🔒 Security + 🔧 DevOps intermediate

Rate Limiting

A technique to control the number of requests a client can make to an API or service within a specified time window.

What is Rate Limiting?

Rate limiting is a strategy used to control the rate of requests that clients can make to a server.
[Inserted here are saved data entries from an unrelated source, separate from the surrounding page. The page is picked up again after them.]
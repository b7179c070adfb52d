-- ===== src/Mysql/Registry.antt =====
-- mysql/decode/events/types/base_event_factory.go and base_event_context.go: the registry of event
-- decoders and the context of a stream. A decoder is of the parameter `D`; `types_of` is its
-- `GetEventType`. A map is a function from event types.
pub mod Laws
use go_dblog.Prelude.{
  ℕ, zero, suc, ◌+◌, ◌-◌, Bool, true, false, ◌||◌, Option, none, some, List, [], ◌∷◌, length,
  get_elem?, ◌==◌, leb, if◌then◌else◌, ◌⊎◌, inl, inr,
}
use go_dblog.Prelude.Int.{ℤ, pos, negsuc}
use go_dblog.Prelude.Text.{Bytes}
use go_dblog.Mysql.EventTypes.{builtin_name, builtin_type_name}
use go_dblog.Mysql.Description.{FmtDescEvent}
use go_dblog.Mysql.TableMap.{Tables}

pub data RegistryError : Type 0 where
  invalid_event_decoder : RegistryError
  event_type_registered : ℕ → RegistryError

pub record EventRegistry (D : Type 0) : Type 0 where
  pub decoders : ℕ → Option D
  pub names : ℕ → Option Bytes

unfoldable pub new_event_registry : {D : Type 0} → EventRegistry D
new_event_registry = record { decoders = λ _. none; names = λ _. none }

-- `m[key] = value`
abbrev pub put : {A : Type 0} → ℕ → A → (ℕ → Option A) → ℕ → Option A
put key value m t = if t == key then some value else m t

abbrev pub is_some : {A : Type 0} → Option A → Bool
is_some none = false
is_some (some a) = true

-- The first of the types that has a decoder.
unfoldable pub first_taken : {D : Type 0} → (ℕ → Option D) → List ℕ → Option ℕ
first_taken m [] = none
first_taken m (t ∷ ts) = let rest = first_taken m ts in if is_some (m t) then some t else rest

-- The loop that stores the decoder and the names of the types that have one.
unfoldable pub put_types : {D : Type 0} → D → List ℕ → EventRegistry D → EventRegistry D
unfolding builtin_name
put_types d [] r = r
put_types d (t ∷ ts) r = put_types d ts (record {
  decoders = put t d r.decoders;
  names = elim (builtin_name t) [ some name ↦ put t name r.names | none ↦ r.names ];
})

-- `Register`; a nil decoder is `none`.
unfoldable pub register_types :
    {D : Type 0} → D → List ℕ → EventRegistry D → Option ℕ → EventRegistry D × Option RegistryError
unfolding put_types
register_types d ts r (some t) = (r, some (event_type_registered t))
register_types d ts r none = (put_types d ts r, none)

unfoldable pub register_decoder :
    {D : Type 0}
    → (D → List ℕ)
    → Option D
    → EventRegistry D
    → EventRegistry D × Option RegistryError
unfolding register_types first_taken
register_decoder types_of none r = (r, some invalid_event_decoder)
register_decoder types_of (some d) r =
    register_types d (types_of d) r (first_taken r.decoders (types_of d))

-- `RegisterName`
unfoldable pub register_name : {D : Type 0} → ℕ → Bytes → EventRegistry D → EventRegistry D
register_name t name r = record r { names = put t name r.names }

-- `GetEventBodyDecoder`: a decoder, or the `MetadataEvent` of that type.
unfoldable pub get_event_body_decoder : {D : Type 0} → ℕ → EventRegistry D → D ⊎ ℕ
get_event_body_decoder t r = elim (r.decoders t) [ some d ↦ inl d | none ↦ inr t ]

-- `EventRegistry.KnowsEventType`
unfoldable pub registry_knows : {D : Type 0} → ℕ → EventRegistry D → Bool
unfolding builtin_name
registry_knows t r = is_some (r.decoders t) || is_some (r.names t) || is_some (builtin_name t)

-- `EventRegistry.EventTypeName`
unfoldable pub event_type_name : {D : Type 0} → ℕ → EventRegistry D → Bytes
unfolding builtin_type_name
event_type_name t r = elim (r.names t) [ some name ↦ name | none ↦ builtin_type_name t ]

pub record EventContext (D : Type 0) : Type 0 where
  pub description : Option FmtDescEvent
  pub table_info : Option Tables
  pub registry : EventRegistry D

-- `NewEventContext`, with a clone of the default registry.
unfoldable pub new_event_context : {D : Type 0} → EventRegistry D → EventContext D
new_event_context default_registry = record {
  description = none;
  table_info = some (λ _. none);
  registry = default_registry;
}

unfoldable pub context_has_checksum : {D : Type 0} → EventContext D → Bool
context_has_checksum c = elim c.description [ none ↦ false | some d ↦ d.has_check_sum ]

unfoldable pub get_event_header_length : {D : Type 0} → EventContext D → ℕ
get_event_header_length c = elim c.description [ none ↦ 19 | some d ↦ d.event_header_length ]

-- `EventPostHeaderLength`
unfoldable pub event_post_header_length : {D : Type 0} → EventContext D → ℕ → ℤ
event_post_header_length c zero = negsuc 0
event_post_header_length c (suc i) = elim c.description [
  | none ↦ negsuc 0
  | some d ↦ elim (get_elem? d.event_type_header i) [ none ↦ negsuc 0 | some n ↦ pos n ]
]

-- `EventContext.KnowsEventType`
unfoldable pub context_knows : {D : Type 0} → EventContext D → ℕ → Bool
unfolding registry_knows event_post_header_length
context_knows c t =
    registry_knows t c.registry
    || elim (event_post_header_length c t) [ pos n ↦ true | negsuc n ↦ false ]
It protects APIs from abuse, ensures fair usage, and prevents system overload.

Why Rate Limit?

Threat Protection
DDoS attacks Limit request flood
Brute force Slow down password guessing
Scraping Prevent data harvesting
API abuse Enforce fair usage
Cost control Limit expensive operations

Common Algorithms

1. Fixed Window

Count requests in fixed time intervals:

Window: 1 minute
Limit: 100 requests

[Minute 0-1]: 100 requests allowed
[Minute 1-2]: Counter resets, 100 more allowed

Problem: Burst at window boundaries (200 requests in 2 seconds)

2. Sliding Window

Smooths out the fixed window problem:

Current time: 1:30
Look back 60 seconds
Count: 30 requests in last 30 sec of previous window
     + 50 requests in first 30 sec of current window
     = 80 weighted requests

3. Token Bucket

Tokens replenish over time:

Bucket capacity: 10 tokens
Refill rate: 1 token/second

Request arrives:
  - If tokens > 0: Allow, consume 1 token
  - If tokens = 0: Reject (429 Too Many Requests)

4. Leaky Bucket

Requests processed at constant rate:

Queue capacity: 10
Processing rate: 1 request/second

Overflow: Rejected when queue full

Implementation

FastAPI with slowapi

from fastapi import FastAPI
from slowapi import Limiter
from slowapi.util import get_remote_address

limiter = Limiter(key_func=get_remote_address)
app = FastAPI()

@app.get("/api/search")
@limiter.limit("10/minute")
async def search(request: Request, q: str):
    return {"results": [...]}

Express.js with express-rate-limit

const rateLimit = require("express-rate-limit");

const limiter = rateLimit({
    windowMs: 60 * 1000,  // 1 minute
    max: 100,             // 100 requests per window
    message: "Too many requests"
});

app.use("/api/", limiter);

Nginx

http {
    limit_req_zone $binary_remote_addr zone=api:10m rate=10r/s;

    server {
        location /api/ {
            limit_req zone=api burst=20 nodelay;
        }
    }
}

Response Headers

HTTP/1.1 200 OK
X-RateLimit-Limit: 100
X-RateLimit-Remaining: 45
X-RateLimit-Reset: 1640000000
Retry-After: 30

Rate Limit by Key

Key Type Use Case
IP address Anonymous users
API key Authenticated apps
User ID Per-user limits
Endpoint Different limits per route

Best Practices

✅ Return 429 Too Many Requests with Retry-After header
✅ Use distributed storage (Redis) for multi-server setups
✅ Different limits for different endpoints
✅ Higher limits for authenticated users
✅ Implement backoff in clients
❌ Don't rely solely on IP (NAT, proxies)

// Example Usage

GitHub's API allows 60 requests/hour for unauthenticated users and 5,000/hour for authenticated users.